* [TASK GOAL]: Your answer is to be the count alone: the number of lines in the data below where "world" appears.
DATA TO USE below:
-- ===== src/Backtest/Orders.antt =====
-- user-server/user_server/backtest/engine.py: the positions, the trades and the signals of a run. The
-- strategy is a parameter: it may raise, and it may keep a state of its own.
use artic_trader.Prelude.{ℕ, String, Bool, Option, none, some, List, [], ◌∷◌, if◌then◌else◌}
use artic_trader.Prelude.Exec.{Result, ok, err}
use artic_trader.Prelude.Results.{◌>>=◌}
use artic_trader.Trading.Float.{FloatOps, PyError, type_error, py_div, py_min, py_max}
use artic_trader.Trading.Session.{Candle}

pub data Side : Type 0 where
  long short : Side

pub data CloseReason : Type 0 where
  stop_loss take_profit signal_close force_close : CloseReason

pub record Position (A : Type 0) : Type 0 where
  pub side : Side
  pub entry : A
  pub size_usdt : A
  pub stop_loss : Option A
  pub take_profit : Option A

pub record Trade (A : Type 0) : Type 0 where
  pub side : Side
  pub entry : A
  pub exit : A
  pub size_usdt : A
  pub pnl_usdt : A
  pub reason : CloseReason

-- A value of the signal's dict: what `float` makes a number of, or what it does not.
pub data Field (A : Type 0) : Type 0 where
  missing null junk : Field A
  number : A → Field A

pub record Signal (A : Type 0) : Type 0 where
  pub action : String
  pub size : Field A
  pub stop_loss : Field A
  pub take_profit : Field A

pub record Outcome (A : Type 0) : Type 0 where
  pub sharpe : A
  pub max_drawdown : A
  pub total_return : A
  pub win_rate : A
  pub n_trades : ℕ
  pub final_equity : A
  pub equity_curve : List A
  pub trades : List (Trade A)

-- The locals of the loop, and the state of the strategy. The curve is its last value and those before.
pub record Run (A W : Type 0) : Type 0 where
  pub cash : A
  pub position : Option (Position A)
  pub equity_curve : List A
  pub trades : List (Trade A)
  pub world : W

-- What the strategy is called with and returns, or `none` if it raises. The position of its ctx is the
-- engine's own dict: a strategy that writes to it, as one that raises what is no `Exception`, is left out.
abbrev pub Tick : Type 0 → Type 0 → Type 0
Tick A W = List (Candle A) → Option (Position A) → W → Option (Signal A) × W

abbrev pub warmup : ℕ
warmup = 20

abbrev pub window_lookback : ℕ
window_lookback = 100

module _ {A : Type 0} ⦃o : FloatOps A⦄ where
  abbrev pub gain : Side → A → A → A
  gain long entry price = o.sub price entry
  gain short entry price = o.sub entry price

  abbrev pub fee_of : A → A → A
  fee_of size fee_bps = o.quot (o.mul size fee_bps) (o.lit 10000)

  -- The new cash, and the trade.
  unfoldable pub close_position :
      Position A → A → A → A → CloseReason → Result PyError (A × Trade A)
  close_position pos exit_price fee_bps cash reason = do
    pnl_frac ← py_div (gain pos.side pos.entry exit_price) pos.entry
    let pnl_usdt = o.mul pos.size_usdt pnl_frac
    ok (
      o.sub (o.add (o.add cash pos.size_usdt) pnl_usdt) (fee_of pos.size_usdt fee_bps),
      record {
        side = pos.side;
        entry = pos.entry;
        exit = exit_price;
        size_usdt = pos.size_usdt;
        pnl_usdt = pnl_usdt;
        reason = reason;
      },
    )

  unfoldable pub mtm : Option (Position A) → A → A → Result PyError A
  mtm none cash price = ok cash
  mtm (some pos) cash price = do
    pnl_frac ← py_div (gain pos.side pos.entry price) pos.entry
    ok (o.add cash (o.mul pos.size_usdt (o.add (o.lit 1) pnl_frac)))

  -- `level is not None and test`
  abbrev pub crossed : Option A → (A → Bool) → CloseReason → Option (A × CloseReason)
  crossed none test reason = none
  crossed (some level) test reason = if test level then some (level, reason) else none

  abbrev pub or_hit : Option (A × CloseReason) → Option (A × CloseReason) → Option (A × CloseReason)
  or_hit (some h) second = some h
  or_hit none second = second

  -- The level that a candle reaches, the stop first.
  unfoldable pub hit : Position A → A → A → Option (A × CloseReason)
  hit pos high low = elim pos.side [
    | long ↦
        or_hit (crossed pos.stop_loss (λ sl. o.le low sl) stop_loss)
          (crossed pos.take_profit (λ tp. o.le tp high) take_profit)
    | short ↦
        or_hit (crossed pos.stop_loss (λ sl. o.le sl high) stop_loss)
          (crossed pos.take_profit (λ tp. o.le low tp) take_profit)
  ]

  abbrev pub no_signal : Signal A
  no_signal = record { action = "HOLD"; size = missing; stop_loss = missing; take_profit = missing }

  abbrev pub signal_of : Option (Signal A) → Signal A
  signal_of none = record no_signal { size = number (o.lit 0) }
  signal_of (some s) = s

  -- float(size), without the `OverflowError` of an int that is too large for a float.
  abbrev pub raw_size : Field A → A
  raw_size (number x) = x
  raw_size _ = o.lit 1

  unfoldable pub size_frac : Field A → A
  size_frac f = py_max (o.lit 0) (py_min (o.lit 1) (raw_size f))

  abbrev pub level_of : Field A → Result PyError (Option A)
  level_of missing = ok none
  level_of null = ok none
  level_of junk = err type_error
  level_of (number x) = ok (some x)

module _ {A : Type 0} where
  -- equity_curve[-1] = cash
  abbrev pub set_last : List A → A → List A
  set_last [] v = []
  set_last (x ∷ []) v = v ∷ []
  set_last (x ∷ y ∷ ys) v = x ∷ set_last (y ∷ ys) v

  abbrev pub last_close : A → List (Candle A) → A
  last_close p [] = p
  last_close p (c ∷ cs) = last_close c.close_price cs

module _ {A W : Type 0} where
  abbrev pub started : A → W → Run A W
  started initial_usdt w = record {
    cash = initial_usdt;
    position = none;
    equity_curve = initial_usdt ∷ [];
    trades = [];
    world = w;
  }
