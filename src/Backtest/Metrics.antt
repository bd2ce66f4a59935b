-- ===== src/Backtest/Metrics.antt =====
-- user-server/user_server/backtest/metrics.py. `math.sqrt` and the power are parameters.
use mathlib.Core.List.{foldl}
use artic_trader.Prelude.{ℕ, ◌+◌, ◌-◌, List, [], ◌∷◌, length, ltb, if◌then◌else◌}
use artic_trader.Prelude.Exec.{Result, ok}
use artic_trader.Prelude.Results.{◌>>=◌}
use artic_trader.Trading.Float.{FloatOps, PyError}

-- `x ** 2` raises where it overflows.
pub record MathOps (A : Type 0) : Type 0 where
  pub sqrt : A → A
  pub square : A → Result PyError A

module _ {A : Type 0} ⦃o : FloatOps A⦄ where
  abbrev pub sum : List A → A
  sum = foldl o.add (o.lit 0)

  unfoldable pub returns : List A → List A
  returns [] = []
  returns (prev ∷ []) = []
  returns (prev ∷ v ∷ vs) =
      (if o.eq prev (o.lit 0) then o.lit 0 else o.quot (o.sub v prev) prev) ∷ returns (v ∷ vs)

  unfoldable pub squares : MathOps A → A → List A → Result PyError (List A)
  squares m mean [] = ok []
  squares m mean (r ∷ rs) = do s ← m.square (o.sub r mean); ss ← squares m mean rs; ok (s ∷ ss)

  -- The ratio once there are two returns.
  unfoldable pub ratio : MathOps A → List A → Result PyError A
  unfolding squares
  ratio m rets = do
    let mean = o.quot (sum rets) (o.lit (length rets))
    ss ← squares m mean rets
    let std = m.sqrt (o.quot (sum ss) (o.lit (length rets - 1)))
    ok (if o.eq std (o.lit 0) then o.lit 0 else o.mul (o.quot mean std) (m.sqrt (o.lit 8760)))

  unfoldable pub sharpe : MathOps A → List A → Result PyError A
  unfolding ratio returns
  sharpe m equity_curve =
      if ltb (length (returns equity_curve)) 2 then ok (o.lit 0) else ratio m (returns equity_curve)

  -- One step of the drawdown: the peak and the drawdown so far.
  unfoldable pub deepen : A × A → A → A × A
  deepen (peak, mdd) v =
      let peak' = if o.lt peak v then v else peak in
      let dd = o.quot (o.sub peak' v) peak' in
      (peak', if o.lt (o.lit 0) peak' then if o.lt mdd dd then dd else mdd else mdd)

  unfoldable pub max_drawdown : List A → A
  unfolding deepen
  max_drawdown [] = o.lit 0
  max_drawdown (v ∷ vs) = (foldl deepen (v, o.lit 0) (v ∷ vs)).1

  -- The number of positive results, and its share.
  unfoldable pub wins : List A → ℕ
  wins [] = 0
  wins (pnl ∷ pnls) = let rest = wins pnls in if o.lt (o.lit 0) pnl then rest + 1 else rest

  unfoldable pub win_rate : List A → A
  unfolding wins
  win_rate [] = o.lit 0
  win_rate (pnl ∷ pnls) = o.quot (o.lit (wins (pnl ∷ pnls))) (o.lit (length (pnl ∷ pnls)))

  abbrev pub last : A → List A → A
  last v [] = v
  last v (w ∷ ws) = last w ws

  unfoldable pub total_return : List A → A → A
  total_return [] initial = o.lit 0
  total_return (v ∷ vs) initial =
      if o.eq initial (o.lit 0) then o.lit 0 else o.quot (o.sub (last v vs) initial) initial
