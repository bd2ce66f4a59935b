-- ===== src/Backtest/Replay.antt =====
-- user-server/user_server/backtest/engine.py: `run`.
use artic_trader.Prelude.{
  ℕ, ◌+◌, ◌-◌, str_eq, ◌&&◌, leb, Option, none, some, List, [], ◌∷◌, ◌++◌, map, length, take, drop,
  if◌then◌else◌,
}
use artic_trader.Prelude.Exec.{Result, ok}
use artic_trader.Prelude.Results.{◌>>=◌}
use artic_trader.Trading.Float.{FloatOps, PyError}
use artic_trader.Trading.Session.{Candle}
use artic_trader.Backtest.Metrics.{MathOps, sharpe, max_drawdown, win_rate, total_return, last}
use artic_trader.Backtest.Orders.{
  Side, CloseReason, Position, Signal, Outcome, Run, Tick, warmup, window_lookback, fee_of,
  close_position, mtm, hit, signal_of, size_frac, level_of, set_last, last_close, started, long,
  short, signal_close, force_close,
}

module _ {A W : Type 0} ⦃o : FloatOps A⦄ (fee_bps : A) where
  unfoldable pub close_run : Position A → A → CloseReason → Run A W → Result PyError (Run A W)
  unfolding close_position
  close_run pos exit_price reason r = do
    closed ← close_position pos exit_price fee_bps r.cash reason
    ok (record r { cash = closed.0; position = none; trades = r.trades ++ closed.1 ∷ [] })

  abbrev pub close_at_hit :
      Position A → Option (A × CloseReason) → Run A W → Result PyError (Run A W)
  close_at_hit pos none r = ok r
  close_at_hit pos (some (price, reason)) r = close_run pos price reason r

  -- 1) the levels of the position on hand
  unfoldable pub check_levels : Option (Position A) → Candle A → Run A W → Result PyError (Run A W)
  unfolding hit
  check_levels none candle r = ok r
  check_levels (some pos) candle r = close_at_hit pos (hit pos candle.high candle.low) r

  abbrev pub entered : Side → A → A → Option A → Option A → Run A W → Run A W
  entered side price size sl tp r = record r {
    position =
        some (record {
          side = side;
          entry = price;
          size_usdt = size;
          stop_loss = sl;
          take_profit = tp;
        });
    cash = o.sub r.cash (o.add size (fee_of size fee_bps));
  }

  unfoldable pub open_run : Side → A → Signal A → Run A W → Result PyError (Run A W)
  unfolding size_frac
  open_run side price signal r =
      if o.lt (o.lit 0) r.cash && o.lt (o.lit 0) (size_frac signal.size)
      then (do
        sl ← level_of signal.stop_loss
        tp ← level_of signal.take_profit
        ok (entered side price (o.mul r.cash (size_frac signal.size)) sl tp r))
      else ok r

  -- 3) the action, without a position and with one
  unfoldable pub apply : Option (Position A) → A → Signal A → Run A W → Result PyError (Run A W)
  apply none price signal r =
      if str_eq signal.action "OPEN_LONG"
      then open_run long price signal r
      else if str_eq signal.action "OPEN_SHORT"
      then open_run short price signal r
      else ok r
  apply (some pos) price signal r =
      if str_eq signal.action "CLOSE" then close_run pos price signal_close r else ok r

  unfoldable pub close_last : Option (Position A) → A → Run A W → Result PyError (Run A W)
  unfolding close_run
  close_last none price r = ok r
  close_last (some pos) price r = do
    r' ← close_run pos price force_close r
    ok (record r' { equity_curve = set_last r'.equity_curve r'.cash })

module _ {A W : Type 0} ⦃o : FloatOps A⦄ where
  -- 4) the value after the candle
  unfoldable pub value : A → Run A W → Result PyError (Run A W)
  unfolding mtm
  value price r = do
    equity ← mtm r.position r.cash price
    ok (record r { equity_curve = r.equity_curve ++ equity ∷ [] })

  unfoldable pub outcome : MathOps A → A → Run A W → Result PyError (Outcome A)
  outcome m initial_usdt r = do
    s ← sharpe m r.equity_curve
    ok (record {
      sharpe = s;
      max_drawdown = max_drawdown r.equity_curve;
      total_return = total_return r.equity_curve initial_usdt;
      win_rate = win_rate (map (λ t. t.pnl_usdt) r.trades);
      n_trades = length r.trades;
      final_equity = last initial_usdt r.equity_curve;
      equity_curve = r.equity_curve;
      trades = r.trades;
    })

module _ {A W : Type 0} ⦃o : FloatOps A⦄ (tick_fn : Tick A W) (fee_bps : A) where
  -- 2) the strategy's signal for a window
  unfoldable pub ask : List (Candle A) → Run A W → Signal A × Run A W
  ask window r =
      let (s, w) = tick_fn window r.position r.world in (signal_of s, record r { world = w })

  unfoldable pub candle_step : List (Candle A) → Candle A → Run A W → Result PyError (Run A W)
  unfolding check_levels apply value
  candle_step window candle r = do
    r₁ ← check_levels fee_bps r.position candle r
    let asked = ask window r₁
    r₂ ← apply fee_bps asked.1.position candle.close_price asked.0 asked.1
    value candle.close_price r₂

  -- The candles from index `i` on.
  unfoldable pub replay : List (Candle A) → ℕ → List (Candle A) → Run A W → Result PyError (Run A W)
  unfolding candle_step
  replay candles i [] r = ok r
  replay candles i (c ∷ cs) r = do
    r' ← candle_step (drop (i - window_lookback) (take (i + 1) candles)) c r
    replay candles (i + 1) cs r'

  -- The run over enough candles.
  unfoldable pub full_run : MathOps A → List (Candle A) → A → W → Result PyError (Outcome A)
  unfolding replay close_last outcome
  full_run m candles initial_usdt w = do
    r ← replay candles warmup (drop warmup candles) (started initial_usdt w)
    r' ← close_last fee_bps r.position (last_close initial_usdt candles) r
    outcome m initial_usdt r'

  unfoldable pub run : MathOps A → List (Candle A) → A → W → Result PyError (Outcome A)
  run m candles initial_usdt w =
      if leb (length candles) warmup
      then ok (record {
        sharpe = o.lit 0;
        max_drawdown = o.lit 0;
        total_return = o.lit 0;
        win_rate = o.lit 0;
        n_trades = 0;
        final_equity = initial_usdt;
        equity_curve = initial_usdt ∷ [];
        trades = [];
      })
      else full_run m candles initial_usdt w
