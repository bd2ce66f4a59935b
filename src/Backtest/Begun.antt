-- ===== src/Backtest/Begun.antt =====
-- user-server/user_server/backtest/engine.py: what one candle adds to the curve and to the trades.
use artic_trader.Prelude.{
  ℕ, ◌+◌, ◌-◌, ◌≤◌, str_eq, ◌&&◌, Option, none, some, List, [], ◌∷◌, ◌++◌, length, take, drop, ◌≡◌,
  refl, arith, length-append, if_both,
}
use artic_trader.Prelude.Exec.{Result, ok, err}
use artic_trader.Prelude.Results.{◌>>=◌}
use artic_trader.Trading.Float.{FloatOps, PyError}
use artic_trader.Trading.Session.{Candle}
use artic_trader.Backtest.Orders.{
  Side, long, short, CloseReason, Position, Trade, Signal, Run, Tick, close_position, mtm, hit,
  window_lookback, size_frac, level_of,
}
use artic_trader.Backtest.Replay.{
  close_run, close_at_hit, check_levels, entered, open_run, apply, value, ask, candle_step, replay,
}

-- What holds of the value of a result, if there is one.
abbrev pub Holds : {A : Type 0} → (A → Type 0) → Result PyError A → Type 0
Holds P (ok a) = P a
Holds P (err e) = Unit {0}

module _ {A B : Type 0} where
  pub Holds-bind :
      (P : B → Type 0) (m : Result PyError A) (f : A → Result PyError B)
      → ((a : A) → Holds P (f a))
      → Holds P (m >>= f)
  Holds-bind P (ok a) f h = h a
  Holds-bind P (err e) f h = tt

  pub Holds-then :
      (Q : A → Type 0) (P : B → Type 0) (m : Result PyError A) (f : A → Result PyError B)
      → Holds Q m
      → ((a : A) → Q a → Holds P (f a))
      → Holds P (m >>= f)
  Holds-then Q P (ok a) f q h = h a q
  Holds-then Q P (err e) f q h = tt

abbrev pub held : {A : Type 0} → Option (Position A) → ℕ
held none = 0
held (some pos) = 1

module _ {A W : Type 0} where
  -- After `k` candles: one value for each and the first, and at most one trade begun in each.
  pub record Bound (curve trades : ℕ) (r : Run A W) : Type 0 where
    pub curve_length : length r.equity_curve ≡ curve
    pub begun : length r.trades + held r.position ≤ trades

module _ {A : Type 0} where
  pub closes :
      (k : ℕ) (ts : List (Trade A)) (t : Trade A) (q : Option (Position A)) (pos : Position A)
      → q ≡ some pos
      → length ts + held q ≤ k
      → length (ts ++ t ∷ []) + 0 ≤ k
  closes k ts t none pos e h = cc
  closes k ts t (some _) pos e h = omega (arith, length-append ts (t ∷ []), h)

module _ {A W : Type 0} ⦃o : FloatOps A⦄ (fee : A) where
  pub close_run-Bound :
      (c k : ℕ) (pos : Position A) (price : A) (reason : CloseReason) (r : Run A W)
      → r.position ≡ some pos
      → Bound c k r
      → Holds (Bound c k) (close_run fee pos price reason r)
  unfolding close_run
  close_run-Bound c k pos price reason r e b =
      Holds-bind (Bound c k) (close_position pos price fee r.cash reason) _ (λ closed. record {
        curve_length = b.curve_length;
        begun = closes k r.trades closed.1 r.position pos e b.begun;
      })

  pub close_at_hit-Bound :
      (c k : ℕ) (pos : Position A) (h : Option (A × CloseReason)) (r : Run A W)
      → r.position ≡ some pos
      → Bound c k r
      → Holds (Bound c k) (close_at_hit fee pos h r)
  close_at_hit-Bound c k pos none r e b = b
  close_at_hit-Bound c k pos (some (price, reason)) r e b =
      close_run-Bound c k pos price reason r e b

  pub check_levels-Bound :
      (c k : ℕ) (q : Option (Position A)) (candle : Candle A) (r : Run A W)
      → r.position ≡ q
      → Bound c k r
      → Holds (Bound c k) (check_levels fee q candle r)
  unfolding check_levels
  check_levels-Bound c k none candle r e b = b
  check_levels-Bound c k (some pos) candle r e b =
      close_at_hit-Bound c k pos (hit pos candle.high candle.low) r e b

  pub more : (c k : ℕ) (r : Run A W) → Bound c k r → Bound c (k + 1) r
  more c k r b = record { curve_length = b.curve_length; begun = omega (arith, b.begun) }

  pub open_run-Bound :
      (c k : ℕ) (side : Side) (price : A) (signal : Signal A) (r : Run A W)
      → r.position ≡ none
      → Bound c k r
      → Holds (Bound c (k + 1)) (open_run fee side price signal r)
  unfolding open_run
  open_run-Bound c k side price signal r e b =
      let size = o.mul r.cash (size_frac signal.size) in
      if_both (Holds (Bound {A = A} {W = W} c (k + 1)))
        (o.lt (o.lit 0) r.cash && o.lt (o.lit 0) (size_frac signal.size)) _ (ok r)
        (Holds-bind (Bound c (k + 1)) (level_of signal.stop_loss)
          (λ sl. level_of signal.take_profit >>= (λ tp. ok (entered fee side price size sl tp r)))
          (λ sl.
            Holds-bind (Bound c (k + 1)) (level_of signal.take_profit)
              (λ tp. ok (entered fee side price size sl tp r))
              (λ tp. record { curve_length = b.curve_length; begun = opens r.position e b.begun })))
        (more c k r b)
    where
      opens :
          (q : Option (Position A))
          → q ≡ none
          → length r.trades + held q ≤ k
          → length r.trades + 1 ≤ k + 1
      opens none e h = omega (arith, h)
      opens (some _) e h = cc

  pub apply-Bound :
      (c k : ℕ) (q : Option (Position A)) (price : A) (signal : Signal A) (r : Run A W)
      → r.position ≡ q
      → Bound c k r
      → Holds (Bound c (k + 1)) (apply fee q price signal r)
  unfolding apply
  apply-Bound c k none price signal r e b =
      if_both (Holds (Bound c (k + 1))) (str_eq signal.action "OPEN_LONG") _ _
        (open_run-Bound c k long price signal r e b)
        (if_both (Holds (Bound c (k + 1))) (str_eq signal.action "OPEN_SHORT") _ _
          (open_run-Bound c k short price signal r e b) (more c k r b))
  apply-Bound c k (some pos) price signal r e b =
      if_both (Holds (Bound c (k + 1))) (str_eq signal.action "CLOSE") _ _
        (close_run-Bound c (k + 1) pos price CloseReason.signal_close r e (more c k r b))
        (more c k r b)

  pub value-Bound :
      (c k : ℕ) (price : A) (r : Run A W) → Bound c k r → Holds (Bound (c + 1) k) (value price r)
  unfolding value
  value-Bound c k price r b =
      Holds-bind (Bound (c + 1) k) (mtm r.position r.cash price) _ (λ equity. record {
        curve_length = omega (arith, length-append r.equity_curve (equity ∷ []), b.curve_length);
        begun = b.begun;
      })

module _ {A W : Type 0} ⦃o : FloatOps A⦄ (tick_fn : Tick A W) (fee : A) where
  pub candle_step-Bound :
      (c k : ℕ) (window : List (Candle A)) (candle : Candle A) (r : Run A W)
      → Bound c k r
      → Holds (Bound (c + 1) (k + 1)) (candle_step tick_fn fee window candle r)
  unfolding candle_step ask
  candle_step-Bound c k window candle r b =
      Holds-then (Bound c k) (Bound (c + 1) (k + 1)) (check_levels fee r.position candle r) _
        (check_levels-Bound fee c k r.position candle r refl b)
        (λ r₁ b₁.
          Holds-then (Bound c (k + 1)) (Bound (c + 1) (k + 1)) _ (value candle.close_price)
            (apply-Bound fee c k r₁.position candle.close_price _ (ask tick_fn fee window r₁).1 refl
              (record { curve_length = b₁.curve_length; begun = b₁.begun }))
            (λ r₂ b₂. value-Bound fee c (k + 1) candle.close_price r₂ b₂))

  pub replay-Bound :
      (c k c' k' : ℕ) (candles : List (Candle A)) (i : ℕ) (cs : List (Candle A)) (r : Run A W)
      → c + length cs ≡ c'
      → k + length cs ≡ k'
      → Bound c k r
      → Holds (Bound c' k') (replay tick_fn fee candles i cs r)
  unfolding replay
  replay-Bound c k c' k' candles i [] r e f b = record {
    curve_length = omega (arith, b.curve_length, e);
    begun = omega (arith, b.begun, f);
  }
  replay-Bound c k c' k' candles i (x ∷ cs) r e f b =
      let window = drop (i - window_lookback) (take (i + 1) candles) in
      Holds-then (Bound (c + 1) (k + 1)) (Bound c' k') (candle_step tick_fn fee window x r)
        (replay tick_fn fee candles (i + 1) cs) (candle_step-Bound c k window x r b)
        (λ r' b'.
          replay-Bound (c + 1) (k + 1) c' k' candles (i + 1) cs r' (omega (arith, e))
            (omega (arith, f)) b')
End of DATA TO USE.
* [ANSWER FOR THIS EXERCISE]: 3